I'm personally earning between 3% and 5% interest on my 'savings' that I hold in these current accounts rather than in savings accounts and will benefit from the new £500 allowance as a result.  Currently these accoutns are paying more than any cash ISA is so I use the ISA for investment funds instead of cash.  Start with Nationwide FlexDirect as that pay 5% on up to £2,500 and open others if you have more to save.
Accounts from ClubLloyds and Santander may have higher limits, but they also come with fees.

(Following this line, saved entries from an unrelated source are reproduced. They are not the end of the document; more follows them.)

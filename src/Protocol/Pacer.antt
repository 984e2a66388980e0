-- ===== src/Protocol/Pacer.antt =====
-- protocol/pacer.h: the pacer that limits the rate of events.
use flexplane.Base.{ℕ, Bool, true, false, not, ltb, ◌==◌, if◌then◌else◌, add64, sub64, ones64}

abbrev pacer_no_next_event : ℕ
pacer_no_next_event = ones64

-- `t` is the source's `T`.
pub record FpPacer : Type 0 where
  pub t : ℕ
  pub next_event : ℕ
  pub cost : ℕ
  pub max_credit : ℕ
  pub min_gap : ℕ

-- `max_t` of protocol/platform/generic.h
abbrev max_t : ℕ → ℕ → ℕ
max_t x y = if ltb y x then x else y

unfoldable pub pacer_init_full : ℕ → ℕ → ℕ → ℕ → FpPacer
pacer_init_full now cost max_credit min_gap = record {
  t = sub64 now max_credit;
  next_event = pacer_no_next_event;
  cost = cost;
  max_credit = max_credit;
  min_gap = min_gap;
}

unfoldable pub pacer_is_triggered : FpPacer → Bool
pacer_is_triggered pa = not (pa.next_event == pacer_no_next_event)

unfoldable pub pacer_trigger : FpPacer → ℕ → Bool × FpPacer
pacer_trigger pa now =
    if pacer_is_triggered pa
    then (false, pa)
    else (true, record pa { next_event = max_t (add64 pa.t pa.cost) (add64 now pa.min_gap) })

unfoldable pub pacer_next_event : FpPacer → ℕ
pacer_next_event pa = pa.next_event

unfoldable pub pacer_reset : FpPacer → FpPacer
pacer_reset pa = record pa {
  t = add64 (max_t pa.t (sub64 pa.next_event pa.max_credit)) pa.cost;
  next_event = pacer_no_next_event;
}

And remember that, if you earn year less than £10,600 in the tax starting in a few days time, new rules from last year's budget give you up to £5K of savings interest at 0% tax anyway and you should register with your bank B/S etc for your interest to be paid tax free , form R85, (or reclaim at the end of the year).
Look into the details if you will be earning £10,600 - £15,600 - I'm not going to try to put them here.

Santander 123 fees are easily covered by cashback on household bills and pay 3% on up to £20,000.
Much the best current account if you have significant savings.

I am a non taxpayer and use a Santander current account.  You are correct in saying that there is a fee with this account, but you get money back on direct debit payments to utilities which more than covers the fee and with 3% interest on balances between £3,000 and £20,000, I am more than happy.